David Grusky

David B. Grusky is Barbara Kimball Browning Professor in the School of Humanities and Sciences, Director of the Stanford Center on Poverty and Inequality, and coeditor of Pathways Magazine. His research addresses the changing structure of late-industrial inequality and addresses such topics as (a) the role of rent-seeking and market failure in explaining the takeoff in income inequality, (b) the amount of economic and social mobility in the U.S.

Joel Kaiyuan Han

Joel Kaiyuan Han is an Assistant Professor of Economics at Quinlan School of Business, Loyola University Chicago.  As an undergraduate, he assisted in research on labor and education economics at the Economic Research Center.

His general research interests are in public economics, empirical microeconomics, and social interactions. His current research covers topics of neighborhood change and its effects on resident children, with a special focus on how parents respond to such changes through parenting behaviors or through neighborhood exit. 

Richard V. Reeves

Richard Reeves is a senior fellow at the Brookings Institution in Economic Studies, where he also co-directs the Center on Children and Families. He is also an associate director of CentreForum in London. Before his move to Washington, DC in the summer of 2012, he worked as director of strategy to the UK's Deputy Prime Minister, where he led the Government's work on social mobility. He is a former director of Demos.

Rebecca Myerson

Rebecca Myerson is an Assistant Professor at the University of Wisconsin - Madison, in the Department of Population Health Sciences. Prior to that, she was Assistant Professor at the University of Southern California School of Pharmacy, in the Department of Pharmaceutical and Health Economics. Before receiving her Ph.D. in Chicago, she spent four years conducting global health research, including one year at Peking University as a Fulbright scholar and three years at the Institute for Health Metrics and Evaluation in Seattle, Washington.

Bruce Meyer

Bruce Meyer, the McCormick Foundation Professor in the Harris School of Public Policy at the University of Chicago, studies poverty and inequality, tax policy, welfare policy, unemployment insurance, workers' compensation, minority entrepreneurship, the health care safety net, and labor supply. His most recent work includes research on the effects of welfare and tax reform on the well-being of single mothers, models and methods to analyze labor supply, changes in poverty and inequality, the effects of disability, and the effects of changes in the health care safety net.

Tim Kautz

Tim Kautz is a Senior Researcher at Mathematica Policy Research. He was a co-organizer of HCEO's Conference on Measuring and Assessing Skills. Kautz is an editor and co-author of a book that explores the importance of social-emotional skills, “The Myth of Achievement Tests: The GED and the Role of Character in American Life.” His research interests include education, inequality, and health.

Mark Huggett

Mark Huggett is a Professor in the department of Economics at Georgetown University. He is a macroeconomist. His work has highlighted the importance of idiosyncratic risk for a number of issues including aggregate wealth accumulation, wealth inequality, lifetime inequality and asset pricing. His most recent work offers a human capital interpretation of lifetime inequality.
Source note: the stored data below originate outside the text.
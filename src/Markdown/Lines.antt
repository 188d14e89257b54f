-- ===== src/Markdown/Lines.antt =====
-- internal/markdown/split.go: the tests on single lines.
use any.Common.{
  ℕ, zero, suc, ◌+◌, ◌-◌, ◌%◌, Bool, true, false, not, ◌&&◌, ◌||◌, [], ◌∷◌, Option, none, some,
  Bytes, length, drop, ◌==◌, ltb, leb, if◌then◌else◌,
}
use any.Strings.{trim_right}

abbrev pub space_or_tab : ℕ → Bool
space_or_tab c = c == b' ' || c == b'\t'

-- trimLeadingSpaces(l, max)
unfoldable pub trim_leading_spaces : ℕ → Bytes → Bytes
trim_leading_spaces zero l = l
trim_leading_spaces (suc n) [] = []
trim_leading_spaces (suc n) (c ∷ l) = if c == b' ' then trim_leading_spaces n l else c ∷ l

-- for n < len(t) && t[n] == c
unfoldable pub run_length : ℕ → Bytes → ℕ
run_length c [] = 0
run_length c (x ∷ t) = if x == c then suc (run_length c t) else 0

unfoldable pub all_byte : Bytes → ℕ → Bool
all_byte [] c = true
all_byte (x ∷ s) c = if x == c then all_byte s c else false

unfoldable pub is_digit : ℕ → Bool
is_digit b = leb b'0' b && leb b b'9'

unfoldable pub is_ascii_letter : ℕ → Bool
is_ascii_letter b = leb b'a' b && leb b b'z' || leb b'A' b && leb b b'Z'

-- The white space of strings.TrimSpace, by the bytes of its UTF-8 forms.
ascii_space : ℕ → Bool
ascii_space c = leb 9 c && leb c 13 || c == 32

-- U+0085 and U+00A0
space_of_two : ℕ → ℕ → Bool
space_of_two a b = a == 0xc2 && (b == 0x85 || b == 0xa0)

-- U+1680, U+2000 to U+200A, U+2028, U+2029, U+202F, U+205F and U+3000
space_of_three : ℕ → ℕ → ℕ → Bool
space_of_three a b c =
    a == 0xe1 && b == 0x9a && c == 0x80
    || a == 0xe2 && b == 0x80 && (leb 0x80 c && leb c 0x8a || c == 0xa8 || c == 0xa9 || c == 0xaf)
    || a == 0xe2 && b == 0x81 && c == 0x9f
    || a == 0xe3 && b == 0x80 && c == 0x80

-- strings.TrimSpace(l) == ""
unfoldable pub is_blank : Bytes → Bool
unfolding ascii_space space_of_two space_of_three
is_blank [] = true
is_blank (a ∷ []) = ascii_space a
is_blank (a ∷ b ∷ []) =
    let behind_one = is_blank (b ∷ []) in if ascii_space a then behind_one else space_of_two a b
is_blank (a ∷ b ∷ c ∷ l) =
    let behind_one = is_blank (b ∷ c ∷ l) in
    let behind_two = is_blank (c ∷ l) in
    let behind_three = is_blank l in
    if ascii_space a
    then behind_one
    else if space_of_two a b
    then behind_two
    else if space_of_three a b c
    then behind_three
    else false

-- the end of the line, a space or a tab
abbrev pub ends_or_spaces : Bytes → Bool
ends_or_spaces [] = true
ends_or_spaces (c ∷ _) = space_or_tab c

abbrev pub begins_with : ℕ → Bytes → Bool
begins_with c [] = false
begins_with c (x ∷ _) = x == c

unfoldable pub is_atx_heading : Bytes → Bool
unfolding trim_leading_spaces run_length
is_atx_heading l =
    let t = trim_leading_spaces 3 l in
    let n = run_length b'#' t in
    if not (begins_with b'#' t)
    then false
    else if ltb n 1 || ltb 6 n
    then false
    else ends_or_spaces (drop n t)

underline_of : Bytes → Bool
underline_of [] = false
underline_of (c ∷ t) = if c == b'=' || c == b'-' then all_byte (c ∷ t) c else false

unfoldable pub is_setext_underline : Bytes → Bool
unfolding underline_of trim_right trim_leading_spaces all_byte
is_setext_underline l = underline_of (trim_right space_or_tab (trim_leading_spaces 3 l))

opener_of : Bytes → Option (ℕ × ℕ)
opener_of [] = none
opener_of (c ∷ t) =
    let n = run_length c (c ∷ t) in
    if ltb (length (c ∷ t)) 3
    then none
    else if not (c == b'`' || c == b'~')
    then none
    else if ltb n 3
    then none
    else some (c, n)

-- fenceOpener; the fence is its byte and its length
unfoldable pub fence_opener : Bytes → Option (ℕ × ℕ)
unfolding opener_of trim_leading_spaces run_length
fence_opener l = opener_of (trim_leading_spaces 3 l)

abbrev pub is_some {ℓ} : {A : Type ℓ} → Option A → Bool
is_some none = false
is_some (some _) = true

unfoldable pub is_fence_open : Bytes → Bool
unfolding fence_opener
is_fence_open l = is_some (fence_opener l)

unfoldable pub is_blockquote_line : Bytes → Bool
unfolding trim_leading_spaces
is_blockquote_line l = begins_with b'>' (trim_leading_spaces 3 l)

-- for leading < len(l) && leading < 4 && (a space or a tab): how many, within the bound
leading_blanks : ℕ → Bytes → ℕ
leading_blanks zero l = 0
leading_blanks (suc n) [] = 0
leading_blanks (suc n) (c ∷ l) = if space_or_tab c then suc (leading_blanks n l) else 0

-- how many digits, within the bound
leading_digits : ℕ → Bytes → ℕ
leading_digits zero l = 0
leading_digits (suc n) [] = 0
leading_digits (suc n) (c ∷ l) = if is_digit c then suc (leading_digits n l) else 0

-- the byte behind the digits: `.` or `)`, and then the end or a blank; `at` is its column
ordered_marker : ℕ → Bytes → Option ℕ
ordered_marker at [] = none
ordered_marker at (c ∷ l) =
    if not (c == b'.') && not (c == b')')
    then none
    else if ends_or_spaces l
    then some (at + 2)
    else none

marker_at : ℕ → Bytes → Option ℕ
marker_at leading [] = none
marker_at leading (c ∷ l) =
    let digits = leading_digits 9 (c ∷ l) in
    if c == b'-' || c == b'*' || c == b'+'
    then (if ends_or_spaces l then some (leading + 2) else none)
    else if not (is_digit c)
    then none
    else ordered_marker (leading + digits) (drop digits (c ∷ l))

-- listItemMarker: the column at which the item's continuation is expected
unfoldable pub list_item_marker : Bytes → Option ℕ
unfolding leading_blanks leading_digits ordered_marker marker_at is_digit
list_item_marker l = let leading = leading_blanks 4 l in marker_at leading (drop leading l)

unfoldable pub is_list_item_line : Bytes → Bool
unfolding list_item_marker
is_list_item_line l = is_some (list_item_marker l)

tag_of : Bytes → Bool
tag_of (a ∷ c ∷ _) =
    if not (a == b'<') then false else c == b'/' || c == b'!' || c == b'?' || is_ascii_letter c
tag_of _ = false

unfoldable pub is_html_block_line : Bytes → Bool
unfolding tag_of trim_leading_spaces is_ascii_letter
is_html_block_line l = tag_of (trim_leading_spaces 3 l)

unfoldable pub is_table_line : Bytes → Bool
unfolding trim_leading_spaces
is_table_line l = begins_with b'|' (trim_leading_spaces 3 l)

unfoldable pub looks_like_any_opener : Bytes → Bool
unfolding is_fence_open is_atx_heading is_blockquote_line is_list_item_line is_html_block_line
    is_table_line
looks_like_any_opener l =
    is_fence_open l
    || is_atx_heading l
    || is_blockquote_line l
    || is_list_item_line l
    || is_html_block_line l
    || is_table_line l

columns_from : ℕ → Bytes → ℕ
columns_from col [] = col
columns_from col (c ∷ l) =
    let wider = columns_from (if c == b' ' then col + 1 else col + (4 - col % 4)) l in
    if space_or_tab c then wider else col

unfoldable pub indent_columns : Bytes → ℕ
unfolding columns_from
indent_columns l = columns_from 0 l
Huggett received a Ph.D. from the University of Minnesota in 1991.

Heather Hill

Heather D. Hill is an Associate Professor in the Daniel J. Evans School of Public Policy and Governance at the University of Washington. Hill's research examines the effects of social policy on family economic circumstances and on child health and development. She was involved in the Next Generation Project, which examined how experimental welfare programs implemented in the 1990s affected the wellbeing of children. In other work, she uses experimental and quasi-experimental designs to estimate the effects of maternal employment and job loss on children's health and behavior.

Carol Graham

Carol Graham is Leo Pasvolsky Senior Fellow at Brookings, College Park Professor at the University of Maryland, and a Gallup Senior Scientist. She served on a National Academy of Sciences panel on wellbeing metrics in 2012-13, received Pioneer Awards from the Robert Wood Johnson Foundation (2017, 2021), and a Lifetime Distinguished Scholar award from the International Society of Quality of Life Studies (2018). She has served as a Vice President at Brookings, as Special Advisor to the Inter-American Development Bank, Visiting Fellow at the World Bank, and consultant to the IMF.

Bryan Graham

Bryan Graham is a Professor at University of California, Berkeley. After completing his Ph.D., he joined the Department of Economics at the University of California, Berkeley as an Assistant Professor. He returned to Berkeley as an Associate Professor (with tenure) in the Fall of 2011 after spending two years in the Department of Economics at New York University. Professor Graham studies the econometrics of social interactions and networks, with a special interest in measuring the effects of stratification on inequality. This work is reviewed in his Handbook of Social Economics chapter.